My H has told me that he thought I was just using him for sex and that that made him feel used. I was floored. Never in my life did I think I'd hear a guy say something like that. He said he resented me for forcing sex on him. WTF?? That crushed all my stereotypes.

I dont know if you should get back together with this guy or not. Just go with your gut.


----------



## Halien (Feb 20, 2011)

The question might have more to do with the age he first started experiencing these feelings. I doubt it starts at age eighteen to twenty. Not sure if the same happened to him, but reading between the lines in your post and picturing a girl instead of a guy might help you understand why guys just keep this to themselves. 

The first time I told my fiance about having sex with older girls at eleven and twelve, she literally laughed.
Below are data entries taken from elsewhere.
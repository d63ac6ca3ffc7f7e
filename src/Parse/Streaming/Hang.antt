-- ===== src/Parse/Streaming/Hang.antt =====
-- The loop of `uvc_scan_streaming` on a block without a length.
use tcluvc.Prelude.{ℕ, ◌≤◌, ◌≡◌, ◌⊎◌, inl, inr, List, length, done, stuck, arith}
use tcluvc.Prelude.Int.{pos}
use tcluvc.Bytes.{byte_at}
use tcluvc.Descriptors.{StreamingInterface}
use tcluvc.Parse.Scan.{scan}
use tcluvc.Parse.Scan.Laws.{scan_hangs}
use tcluvc.Parse.Streaming.{parse_block, parse_vs}

-- UVC_VS_UNDEFINED, a header of output, a still image, or a subtype above those that the program
-- knows.
abbrev pub IsSkipped : ℕ → Type 0
IsSkipped t = (t ≡ 0x00) ⊎ (t ≡ 0x02) ⊎ (t ≡ 0x03) ⊎ (0x12 ≤ t)

skips :
    (s : StreamingInterface) (p : List ℕ) → IsSkipped (byte_at p 2) → parse_vs s p ≡ done (pos 0, s)
unfolding parse_vs parse_block
skips s p (inl e) = ground (arith, e)
skips s p (inr (inl e)) = ground (arith, e)
skips s p (inr (inr (inl e))) = ground (arith, e)
skips s p (inr (inr (inr e))) = ground (arith, e)

-- Where three bytes or more are left, the first of them 0, and the third a subtype that the program
-- skips, the loop of `uvc_scan_streaming` goes on for ever: however many rounds it is given, it
-- needs more.
pub scan-IsSkipped :
    (fuel : ℕ) (s : StreamingInterface) (p : List ℕ)
    → byte_at p 0 ≡ 0
    → IsSkipped (byte_at p 2)
    → 3 ≤ length p
    → scan parse_vs fuel s p ≡ stuck
scan-IsSkipped fuel s p empty skipped some =
    scan_hangs parse_vs fuel s p (skips s p skipped) empty some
It didn't really bother me, but I was trying to explain why I didn't relate well to her friends.

I just remember my sisters always having their friends over, and so many just picking on their cute younger brother (me). So, I had lots of sex with highschoolers, neighbors, and even my friends mother. I really really enjoyed college, but thought of women as someone you couldn't trust. Problem is, I've never had a relationship with a woman that didn't turn sexual in some way. I've never cheated on my wife, but after a few tense situations where her friends came over when she was out of town, I just settled on being aloof. What they think is arrogance is just me being confused.

I definately don't feel like you described him feeling, but I just feel odd. 
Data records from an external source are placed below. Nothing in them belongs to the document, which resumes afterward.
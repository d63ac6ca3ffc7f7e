-- ===== src/Parse/Streaming/RoundTrip.antt =====
-- What the blocks of a streaming interface carry is read back.
pub mod Words
pub mod Frame
pub mod Format
pub mod Interface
My wife tells her friends about my vacations with our kids. Sometimes, her schedule and mine were so busy that we would sometimes take vacations separately (although we made sure to have several together each year). When you have a guy who shows up at Sea World alone with his kids, people just want to help. My kids, now adults, can't understand why every vacation with me had a different woman in the picture. We talk about the SeaWorld trip with June, or skying with Beth, etc, plus whatever kid the single mother had with her that day.


----------



## Fee_ (Jan 26, 2011)

Thanks so much for your posts. Halien I found what you said to be extremely interesting: 



Halien said:


> The first time I told my fiance about having sex with older girls at eleven and twelve, she literally laughed. It didn't really bother me, but I was trying to explain why I didn't relate well to her friends.
> 
> I just remember my sisters always having their friends over, and so many just picking on their cute younger brother (me). So, I had lots of sex with highschoolers, neighbors, and even my friends mother. I really really enjoyed college, but thought of women as someone you couldn't trust.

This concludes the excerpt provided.